Yield = 44% (129 mg); white solid; mp = 133–134 °C; HRMS (ESI, M+ + H) calcd for C25H22NO2 368.1651, found 368.1642; 1H NMR (500 MHz, CDCl3): δ 8.00 (s, 2H), 7.96 (dd, J = 1.5, 7.5 Hz, 2H), 7.76–7.72 (m, 2H), 7.54–7.49 (m, 2H), 7.47–7.42 (m, 1H), 7.42–7.36 (m, 2H), 7.14–7.09 (m, 2H), 7.04 (d, J = 8.5 Hz, 2H), 3.90 (s, 6H); 13C NMR (125 MHz, CDCl3): δ 157.08 (2x), 155.97 (2x), 147.66, 139.48, 131.56 (2x), 129.72 (2x), 129.62, 128.91 (2x), 128.51 (2x), 127.34 (2x), 121.41 (2x), 121.05 (2x), 111.41 (2x), 55.72 (2x).

1,3,5,8-Tetraphenyl-2,6-diazabicyclo[2.2.2]oct-2-ene (4)
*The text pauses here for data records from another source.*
-- ===== src/Backup/Small.antt =====
-- How a backup reads a file that it stores by content.
use hbackup.Prelude.{
  ℕ, zero, suc, ◌+◌, ◌-◌, ◌<◌, ◌≤◌, ◌≡◌, refl, sym, ap, ◌∙◌, [], ◌∷◌, ◌++◌, append_assoc, take,
  take-append, if◌then◌else◌, length, length-append, true, false, Bytes, ltb, Bool-cases, inl, inr,
  arith,
}
use hbackup.Outcome.{Result, ok, fatal}
use hbackup.File.{File, getbytes}
use hbackup.File.Read.{IsReader, IsReadable, stream}
use hbackup.File.Blocks.{Block, getbytes-Block}
use hbackup.Host.{Host}
use hbackup.File.{Device}
use hbackup.Users.{Database}
use hbackup.Backup.{Tree, reader_of, Options}
use hbackup.Backup.Objects.{read_small}

-- The first bytes of a file, which is to have that many.
abbrev pub first_bytes : ℕ → Bytes → Result Bytes
first_bytes size s = if ltb (length s) size then fatal else ok (take size s)

module _ (T : Tree) (R : Host) (V N : Device) (opts : Options) (passwd group : Database)
    (word : Bytes → ℕ) (D : IsReader (reader_of T)) where
  abbrev Reads : ℕ → Type 0
  Reads fuel =
      (size : ℕ) (buffer : Bytes) (f : File (reader_of T))
      → length buffer ≤ size
      → size - length buffer < fuel
      → IsReadable (reader_of T) D f
      → (read_small T R V N opts passwd group word fuel size buffer f).0
        ≡ first_bytes size (buffer ++ stream (reader_of T) D f)

  round :
      (fuel size : ℕ) (buffer : Bytes) (f : File (reader_of T)) (chunk : Bytes)
      (g : File (reader_of T))
      → Reads fuel
      → size - length buffer < suc fuel
      → length buffer < size
      → getbytes (reader_of T) (size - length buffer) false f ≡ (ok chunk, g)
      → Block (reader_of T) D f (size - length buffer) false chunk g
      → (read_small T R V N opts passwd group word (suc fuel) size buffer f).0
        ≡ first_bytes size (buffer ++ stream (reader_of T) D f)
  unfolding read_small
  round fuel size buffer f [] g again short less q b =
      let e : ltb (length buffer) size ≡ true = ground arith in
      let none_left = b.at_end refl in
      let over : ltb (length (buffer ++ stream (reader_of T) D f)) size ≡ true =
        ground (arith, length-append buffer (stream (reader_of T) D f), ap length none_left) in
      rw (e, q, over) refl
  round fuel size buffer f (c ∷ s) g again short less q b =
      let e : ltb (length buffer) size ≡ true = ground arith in
      rw (e, q)
        (again size (buffer ++ c ∷ s) g (omega (arith, length-append buffer (c ∷ s), b.small))
            (omega (arith, length-append buffer (c ∷ s))) b.readable
          ∙ ap (first_bytes size) (
              append_assoc buffer (c ∷ s) (stream (reader_of T) D g)
              ∙ ap (λ t. buffer ++ t) (sym b.split)))

  read_small-Reads : (fuel : ℕ) → Reads fuel
  unfolding read_small
  read_small-Reads zero size buffer f fits short v = absurd (omega arith)
  read_small-Reads (suc fuel) size buffer f fits short v =
      elim (Bool-cases (ltb (length buffer) size)) [
        | inl e ↦
            let less : length buffer < size = ground arith in
            let (chunk, g, q, b) =
              getbytes-Block (reader_of T) D (size - length buffer) false f (omega arith) v in
            round fuel size buffer f chunk g (read_small-Reads fuel) short less q b
        | inr e ↦
            let full : length buffer ≡ size = ground arith in
            let over : ltb (length (buffer ++ stream (reader_of T) D f)) size ≡ false =
              ground (arith, length-append buffer (stream (reader_of T) D f)) in
            rw (e, over)
              (ap (λ t. ok t)
                (sym (take-append buffer (stream (reader_of T) D f))
                  ∙ ap (λ n. take n (buffer ++ stream (reader_of T) D f)) full))
      ]

  -- With the fuel that put_small gives it, the loop that reads a small file comes to an end. It
  -- returns the bytes that lstat() promised, however large the pieces are in which they come, and
  -- ends the process exactly if there are fewer.
  pub read_small-first_bytes :
      (size : ℕ) (f : File (reader_of T))
      → IsReadable (reader_of T) D f
      → (read_small T R V N opts passwd group word (size + 1) size [] f).0
        ≡ first_bytes size (stream (reader_of T) D f)
  read_small-first_bytes size f v =
      read_small-Reads (size + 1) size [] f (omega arith) (omega arith) v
A mixture of chalcone 1 (1.0 mmol), hexamethyldisilane (0.5 mL, 2.4 mmol), tin(ii) trifluoromethanesulfonate (0.2 mmol) in dichloromethane (2 mL) was taken in a dried 35 mL microwave vial at 25 °C. The mixture was treated in a microwave irradiation instrument and stirred at 150 °C for 1 h. The consumption of starting materials were confirmed by TLC. The reaction was cooled to 25 °C, the mixture of crude product was transferred to a 100 mL round bottom flask, and the solvent was concentrated. The residue was diluted with water (10 mL) and the mixture was extracted with CH2Cl2 (3 × 15 mL). The combined organic layers were washed with brine, dried, filtered and evaporated to afford crude product under reduced pressure. Purification on silica gel (hexanes/EtOAc = 4/1–1/1) afforded compound 4. Yield = 78% (162 mg); colorless solid; mp = 176–177 °C; HRMS (ESI, M+ + Na) calcd for C30H26N2Na 437.1988, found 437.1980; 1H NMR (500 MHz, CDCl3): δ 8.27 (d, J = 7.5 Hz, 2H), 7.81 (d, J = 8.0 Hz, 2H), 7.69 (d, J = 8.0 Hz, 2H), 7.58–7.47 (m, 4H), 7.46–7.32 (m, 5H), 7.16–7.04 (m, 3H), 6.96–6.83 (m, 2H), 4.16 (d, J = 1.5 Hz, 1H), 3.64 (d, J = 1.5 Hz, 1H), 3.29 (dd, J = 5.5, 10.0 Hz, 1H), 2.76 (dd, J = 10.0, 13.0 Hz, 1H), 1.97 (br s, 1H), 1.89 (dd, J = 5.5, 13.0 Hz, 1H); 13C NMR (125 MHz, CDCl3): δ 173.82, 145.40, 144.05, 142.35, 137.50, 130.21, 128.47 (2x), 128.35 (2x), 128.29 (2x), 128.20 (2x), 127.49 (2x), 127.38, 127.07 (3x), 126.87 (2x), 126.54 (2x), 126.29, 75.05, 57.69, 47.42, 42.91, 34.98. Single-crystal X-ray analysis: crystals of 4 were grown by slow diffusion of EtOAc into a solution of 4 in CH2Cl2 to yield colorless prisms. The compound crystallizes in the monoclinic crystal system, space group P1̄, a = 9.8179(3) Å, b = 10.4973(3) Å, c = 11.9206(3) Å, V = 1094.83(5) Å3, Z = 2, dcalcd = 1.257 mg m−3, F(000) = 440, 2θ range 1.761–30.034, R indices (all data) R1 = 0.0529, wR2 = 0.1131. CCDC number is 2085361.

Conflicts of interest

The authors declare no conflicts of interest.